▸ **DIRECTIONS**:
In the records below, some lines contain the word "semicolon". Copy each of them.

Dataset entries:

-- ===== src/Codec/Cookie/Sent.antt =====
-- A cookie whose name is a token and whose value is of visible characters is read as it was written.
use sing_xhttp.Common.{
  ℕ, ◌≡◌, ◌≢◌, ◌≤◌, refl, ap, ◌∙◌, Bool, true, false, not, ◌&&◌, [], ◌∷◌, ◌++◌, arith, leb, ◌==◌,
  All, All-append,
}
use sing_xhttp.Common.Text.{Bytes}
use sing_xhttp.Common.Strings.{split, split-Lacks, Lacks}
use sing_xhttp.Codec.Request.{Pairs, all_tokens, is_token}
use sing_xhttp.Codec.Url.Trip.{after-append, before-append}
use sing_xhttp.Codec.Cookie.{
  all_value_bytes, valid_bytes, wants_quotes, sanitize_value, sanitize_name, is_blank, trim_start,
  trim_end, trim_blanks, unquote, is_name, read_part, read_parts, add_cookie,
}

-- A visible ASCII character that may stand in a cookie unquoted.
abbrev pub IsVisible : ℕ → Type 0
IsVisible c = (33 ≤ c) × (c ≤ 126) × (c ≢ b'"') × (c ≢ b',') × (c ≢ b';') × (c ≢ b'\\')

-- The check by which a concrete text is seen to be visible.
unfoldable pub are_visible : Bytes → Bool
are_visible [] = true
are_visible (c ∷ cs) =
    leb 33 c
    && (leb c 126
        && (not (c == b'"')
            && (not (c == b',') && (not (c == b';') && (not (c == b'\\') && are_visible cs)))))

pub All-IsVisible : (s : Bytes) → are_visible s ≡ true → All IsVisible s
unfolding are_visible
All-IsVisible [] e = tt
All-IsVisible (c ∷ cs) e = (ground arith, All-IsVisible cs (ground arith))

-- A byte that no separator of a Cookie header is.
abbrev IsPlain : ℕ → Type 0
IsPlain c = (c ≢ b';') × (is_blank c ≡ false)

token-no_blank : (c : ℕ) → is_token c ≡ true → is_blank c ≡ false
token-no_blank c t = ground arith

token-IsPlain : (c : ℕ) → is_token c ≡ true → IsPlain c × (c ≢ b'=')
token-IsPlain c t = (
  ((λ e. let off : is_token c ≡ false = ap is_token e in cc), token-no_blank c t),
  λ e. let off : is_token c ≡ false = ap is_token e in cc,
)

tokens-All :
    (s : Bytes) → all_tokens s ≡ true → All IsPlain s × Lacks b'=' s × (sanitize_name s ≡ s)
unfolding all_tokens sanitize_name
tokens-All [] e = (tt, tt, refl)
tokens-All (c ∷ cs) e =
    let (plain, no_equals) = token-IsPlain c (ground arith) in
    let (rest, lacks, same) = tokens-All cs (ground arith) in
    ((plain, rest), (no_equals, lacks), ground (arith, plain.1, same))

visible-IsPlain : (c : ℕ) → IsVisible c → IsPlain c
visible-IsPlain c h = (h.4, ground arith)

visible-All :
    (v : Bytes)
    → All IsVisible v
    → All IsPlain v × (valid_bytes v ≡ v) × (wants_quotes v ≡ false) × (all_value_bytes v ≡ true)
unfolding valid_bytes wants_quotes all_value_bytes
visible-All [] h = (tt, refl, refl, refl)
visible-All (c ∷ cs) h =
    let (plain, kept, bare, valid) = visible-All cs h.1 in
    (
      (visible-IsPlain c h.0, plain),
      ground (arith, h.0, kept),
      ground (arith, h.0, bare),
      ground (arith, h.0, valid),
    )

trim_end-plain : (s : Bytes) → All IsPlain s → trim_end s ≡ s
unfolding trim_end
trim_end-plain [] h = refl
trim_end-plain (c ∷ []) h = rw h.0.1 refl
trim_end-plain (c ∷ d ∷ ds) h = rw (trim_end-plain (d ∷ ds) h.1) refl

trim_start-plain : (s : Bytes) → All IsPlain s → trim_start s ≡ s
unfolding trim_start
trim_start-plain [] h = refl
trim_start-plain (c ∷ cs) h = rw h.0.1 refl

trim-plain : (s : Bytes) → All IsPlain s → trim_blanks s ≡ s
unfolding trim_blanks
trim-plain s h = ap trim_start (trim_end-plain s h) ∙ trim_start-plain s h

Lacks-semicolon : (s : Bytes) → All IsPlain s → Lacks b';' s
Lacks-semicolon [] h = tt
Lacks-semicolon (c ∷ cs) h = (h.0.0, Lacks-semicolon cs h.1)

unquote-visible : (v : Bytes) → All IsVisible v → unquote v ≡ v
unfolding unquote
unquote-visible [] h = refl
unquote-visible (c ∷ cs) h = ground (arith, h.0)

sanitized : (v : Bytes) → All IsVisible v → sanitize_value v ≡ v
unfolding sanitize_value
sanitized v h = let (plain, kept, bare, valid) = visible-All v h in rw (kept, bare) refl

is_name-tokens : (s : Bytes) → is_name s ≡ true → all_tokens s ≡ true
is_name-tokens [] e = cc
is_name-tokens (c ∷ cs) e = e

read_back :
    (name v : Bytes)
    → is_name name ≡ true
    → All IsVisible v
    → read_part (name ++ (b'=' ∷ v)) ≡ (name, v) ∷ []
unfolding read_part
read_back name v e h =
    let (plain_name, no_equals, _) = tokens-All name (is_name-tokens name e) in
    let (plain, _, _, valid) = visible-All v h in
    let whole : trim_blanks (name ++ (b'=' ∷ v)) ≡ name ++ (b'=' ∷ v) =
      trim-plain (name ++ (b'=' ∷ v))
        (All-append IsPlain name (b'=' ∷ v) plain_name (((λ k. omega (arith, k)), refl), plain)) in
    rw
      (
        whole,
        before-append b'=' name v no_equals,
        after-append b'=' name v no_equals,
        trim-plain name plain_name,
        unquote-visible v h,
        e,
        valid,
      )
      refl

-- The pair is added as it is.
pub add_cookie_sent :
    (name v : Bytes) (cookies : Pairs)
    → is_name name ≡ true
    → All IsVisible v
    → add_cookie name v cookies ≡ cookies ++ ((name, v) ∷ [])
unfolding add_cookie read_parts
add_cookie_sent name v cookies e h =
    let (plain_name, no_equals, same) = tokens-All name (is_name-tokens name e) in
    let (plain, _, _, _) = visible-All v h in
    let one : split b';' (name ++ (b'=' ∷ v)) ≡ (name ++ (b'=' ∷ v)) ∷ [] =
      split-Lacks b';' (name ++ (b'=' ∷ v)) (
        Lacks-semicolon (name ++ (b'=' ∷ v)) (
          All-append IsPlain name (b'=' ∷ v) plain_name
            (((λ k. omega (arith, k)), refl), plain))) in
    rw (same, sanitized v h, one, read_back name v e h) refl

▸ **TASK RESPONSE**:
Lacks-semicolon : (s : Bytes) → All IsPlain s → Lacks b';' s
Lacks-semicolon [] h = tt
Lacks-semicolon (c ∷ cs) h = (h.0.0, Lacks-semicolon cs h.1)
        Lacks-semicolon (name ++ (b'=' ∷ v)) (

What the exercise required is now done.